Going to go out on a limb here and say that Liz Hamilton of the Northwest Sportfishing Industry Association in Portland would beg to differ.

She’s been hitting the commission with letters from herself and a coalition of angling and boating interests.

In her latest sent today, she pointed to ODFW-WDFW modeling from August 2019 about the impact of moving 500 spring Chinook from the Lower Columbia to the Snake, saying it would not only trade away fishing trips overall but result in a nearly $300,000 loss in trip expenditures as well as reduce harvest on other stocks mixed with upriver kings below Bonneville by 809 and result in a net loss of 524 fish up and down the system.
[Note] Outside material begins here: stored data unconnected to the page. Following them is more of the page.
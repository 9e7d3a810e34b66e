-- ===== src/Projection/Dispatch/StreamKeys.antt =====
-- The keys of the streams' maps of the loop in web/src/lib/assistant-projection.ts.
use codex_mcp_ui.Common.{
  ℕ, String, ◌≡◌, refl, ap, ◌∙◌, Bool, true, false, not, ◌&&◌, Option, none, some, List, [], ◌∷◌,
  ◌==◌, if◌then◌else◌, Bool-cases, inl, inr, map, select, any,
}
use codex_mcp_ui.Common.Table.{Table, get, keys}
use codex_mcp_ui.Common.Keys.{add_key, keys-set, firsts}
use codex_mcp_ui.Event.{EventRecord}
use codex_mcp_ui.Projection.Access.{stream_bucket_id}
use codex_mcp_ui.Projection.Parts.{StreamBucket, Variant}
use codex_mcp_ui.Projection.Buckets.{change_bucket, append_stream_chunk, terminate_stream}
use codex_mcp_ui.Projection.Switch.{Case, case_of}
use codex_mcp_ui.Projection.Dispatch.StreamParts.{
  StreamKind, messages, reasonings, part_of, is_delta_part,
}
use codex_mcp_ui.Projection.Dispatch.Streaming.{
  streams, Keeps-set_pair_buckets, terminated_in, terminate_stream-terminated_in,
}
use codex_mcp_ui.Projection.Dispatch.Default.{default_for-IsOf}
use codex_mcp_ui.Projection.Dispatch.Keyed.{add_key_if, loop-firsts}
use codex_mcp_ui.Projection.Dispatch.{
  Projection, empty_projection, project_default, project_case, project_event, project_events,
  is_skipped,
}

-- The deltas of a map of streams.
abbrev pub is_of_stream : StreamKind → EventRecord → Bool
is_of_stream kind e = not (is_skipped e) && is_delta_part (part_of kind (case_of e.event_type))

-- To end a stream makes no bucket.
found_key :
    (m : Table StreamBucket) (k : String) (b : StreamBucket)
    → get m k ≡ some b
    → any (λ j. j == k) (keys m) ≡ true
unfolding get
found_key [] k b h = cc
found_key ((j, w) ∷ m) k b h = elim (Bool-cases (j == k)) [
  | inl here ↦ rw here refl
  | inr there ↦ rw there (found_key m k b (rw (there) at h))
]

keys-terminated_in :
    (m : Table StreamBucket) (k : String) (o : Option StreamBucket)
    → get m k ≡ o
    → keys (terminated_in m k o) ≡ keys m
keys-terminated_in m k none h = refl
keys-terminated_in m k (some b) h = keys-set m k _ ∙ rw (found_key m k b h) refl

keys-terminate_stream :
    (m : Table StreamBucket) (event : EventRecord) → keys (terminate_stream m event) ≡ keys m
keys-terminate_stream m event =
    ap keys (terminate_stream-terminated_in m event)
    ∙ keys-terminated_in m (stream_bucket_id event) (get m (stream_bucket_id event)) refl

keys-append_stream_chunk :
    (m : Table StreamBucket) (event : EventRecord) (index : ℕ) (v : Variant)
    → keys (append_stream_chunk m event index v) ≡ add_key (keys m) (stream_bucket_id event)
unfolding append_stream_chunk change_bucket
keys-append_stream_chunk m event index v = keys-set m (stream_bucket_id event) _

module _ (p : Projection) (event : EventRecord) (index : ℕ) where
  abbrev IsKeyed : StreamKind → Projection → Bool → Type 0
  IsKeyed kind q c =
      keys (streams kind q) ≡ add_key_if c (keys (streams kind p)) (stream_bucket_id event)

  case-IsKeyed :
      (kind : StreamKind) (c : Case)
      → IsKeyed kind (project_case p event index c) (is_delta_part (part_of kind c))
  unfolding project_case project_default
  case-IsKeyed messages Case.user_message = refl
  case-IsKeyed messages Case.agent_message = keys-terminate_stream p.message_streams event
  case-IsKeyed messages Case.agent_reasoning = refl
  case-IsKeyed messages Case.agent_reasoning_raw_content = refl
  case-IsKeyed messages Case.message_delta =
      keys-append_stream_chunk p.message_streams event index _
  case-IsKeyed messages Case.reasoning_delta = refl
  case-IsKeyed messages Case.raw_content_delta = refl
  case-IsKeyed messages Case.section_break = refl
  case-IsKeyed messages Case.exec_begin = refl
  case-IsKeyed messages Case.exec_output = refl
  case-IsKeyed messages Case.exec_interaction = refl
  case-IsKeyed messages Case.exec_end = refl
  case-IsKeyed messages Case.view_image = refl
  case-IsKeyed messages Case.plan_update = refl
  case-IsKeyed messages Case.plan_delta = refl
  case-IsKeyed messages (Case.pair_begin k) = ap keys (Keeps-set_pair_buckets p k _).0
  case-IsKeyed messages (Case.pair_end k) = ap keys (Keeps-set_pair_buckets p k _).0
  case-IsKeyed messages Case.default =
      ap (λ q. keys q.message_streams) (default_for-IsOf p event index event.event_type).1
  case-IsKeyed reasonings Case.user_message = refl
  case-IsKeyed reasonings Case.agent_message = refl
  case-IsKeyed reasonings Case.agent_reasoning = keys-terminate_stream p.reasoning_streams event
  case-IsKeyed reasonings Case.agent_reasoning_raw_content =
      keys-terminate_stream p.reasoning_streams event
  case-IsKeyed reasonings Case.message_delta = refl
  case-IsKeyed reasonings Case.reasoning_delta =
      keys-append_stream_chunk p.reasoning_streams event index _
  case-IsKeyed reasonings Case.raw_content_delta =
      keys-append_stream_chunk p.reasoning_streams event index _
  case-IsKeyed reasonings Case.section_break = refl
  case-IsKeyed reasonings Case.exec_begin = refl
  case-IsKeyed reasonings Case.exec_output = refl
  case-IsKeyed reasonings Case.exec_interaction = refl
  case-IsKeyed reasonings Case.exec_end = refl
  case-IsKeyed reasonings Case.view_image = refl
  case-IsKeyed reasonings Case.plan_update = refl
  case-IsKeyed reasonings Case.plan_delta = refl
  case-IsKeyed reasonings (Case.pair_begin k) = ap keys (Keeps-set_pair_buckets p k _).1
  case-IsKeyed reasonings (Case.pair_end k) = ap keys (Keeps-set_pair_buckets p k _).1
  case-IsKeyed reasonings Case.default =
      ap (λ q. keys q.reasoning_streams) (default_for-IsOf p event index event.event_type).1

  skip-IsKeyed :
      (kind : StreamKind) (s : Bool) (c : Case)
      → IsKeyed kind
          (if s then p else project_case p event index c)
          (not s && is_delta_part (part_of kind c))
  skip-IsKeyed kind true c = refl
  skip-IsKeyed kind false c = case-IsKeyed kind c

event-IsKeyed :
    (kind : StreamKind) (p : Projection) (event : EventRecord) (index : ℕ)
    → IsKeyed p event index kind (project_event p event index) (is_of_stream kind event)
unfolding project_event
event-IsKeyed kind p event index =
    skip-IsKeyed p event index kind (is_skipped event) (case_of event.event_type)

pub streams-keys :
    (kind : StreamKind) (events : List EventRecord) (index : ℕ)
    → keys (streams kind (project_events empty_projection events index))
      ≡ firsts (map stream_bucket_id (select (is_of_stream kind) events))
streams-keys kind events index =
    loop-firsts (λ p. keys (streams kind p)) (is_of_stream kind) stream_bucket_id
      (event-IsKeyed kind) events index (empty kind)
  where
    empty : (kind : StreamKind) → keys (streams kind empty_projection) ≡ []
    empty messages = refl
    empty reasonings = refl
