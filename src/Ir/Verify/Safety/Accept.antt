-- ===== src/Ir/Verify/Safety/Accept.antt =====
-- The list of errors of `verify` in crates/syllog-ir/src/verify.rs, taken apart by function.
use syllog.Prelude.{
  ◌≡◌, List, [], ◌∷◌, some, ok, append-eq-nil, List-cases, Option-cases, Bool-cases, inl, inr,
  subst, ◌∙◌,
}
use syllog.Ir.Syntax.{DefId, MirFunction, MirProgram, def_id_eq}
use syllog.Ir.Verify.Typing.{find_function}
use syllog.Ir.Verify.Program.{verify_functions, verify}
use syllog.Ir.Verify.Safety.Certificate.{Accepted, Accepted_of_verify}

verify_functions-Accepted :
    (all fs : List MirFunction) (id : DefId) (f : MirFunction)
    → verify_functions all fs ≡ []
    → find_function fs id ≡ some f
    → Accepted all f
unfolding verify_functions find_function
verify_functions-Accepted all [] id f h e = absurd (cc)
verify_functions-Accepted all (x ∷ fs) id f h e =
    let (here, rest) = append-eq-nil _ _ h in
    let (owned, later) = append-eq-nil _ _ rest in
    elim (Option-cases (find_function fs id)) [
      | inr (g, found) ↦
          verify_functions-Accepted all fs id f later (found ∙ rw (found, find_function) at e)
      | inl missing ↦ elim (Bool-cases (def_id_eq x.id id)) [
        | inl same ↦
            subst (Accepted all) (cc (rw (missing, find_function, same) at e))
              (Accepted_of_verify all x here owned)
        | inr other ↦ absurd (cc (rw (missing, find_function, other) at e))
      ]
    ]

-- Every function that a call finds in an accepted program is accepted.
pub verify-Accepted :
    (program : MirProgram) (id : DefId) (f : MirFunction)
    → verify program ≡ ok tt
    → find_function program.functions id ≡ some f
    → Accepted program.functions f
unfolding verify
verify-Accepted program id f h e =
    elim (List-cases (verify_functions program.functions program.functions)) [
      | inl none_pushed ↦
          verify_functions-Accepted program.functions program.functions id f none_pushed e
      | inr (x, xs, pushed) ↦ absurd (cc (rw (pushed, verify) at h))
    ]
That example is not what is being proposed by Graybill, but it’s close and Hamilton said that when the idea came up last summer, Oregon commissioners had a negative reaction.

“Which is understandable because the amendment would cut a jointly-managed fishery in the Columbia in order to increase a fishery in the Snake River solely within Washington State,” she wrote.

Hamilton forecasted it would make concurrency in the shared Columbia “more difficult.”

As springers are to the lower river, Hamilton recognized their importance upstream too, said there are “important steps” that could yield better fisheries above Bonneville Dam and that working together could help get everyone to “yes” on Snake early-run kings.

“Unfortunately, this is not one of them,” she wrote of the amendment.

Others are also filing last-minute comments, but on the gillnetting issue.

The Wild Steelhead Coalition – which is not the Wild Fish Conservancy – submitted a letter yesterday that said putting the nontreaty commercial fleet back in the river for spring and summer kings and for a larger share of fall Chinook is tantamount to “greenlighting a non-selective fishery that generates high levels of lethal bycatch and will further endanger ESA-listed salmon and steelhead.”

The organization says alternatives that are less deadly than the “antiquated” gear and that Washington should invest in those for fishing over protected runs “would also help ensure amore enduring and prosperous fishery for both the commercial sector and recreational anglers.”

As for the writing on the wall on this one?

Not so clear as with coyotes. And the forecast calls for things to get a lot smokier.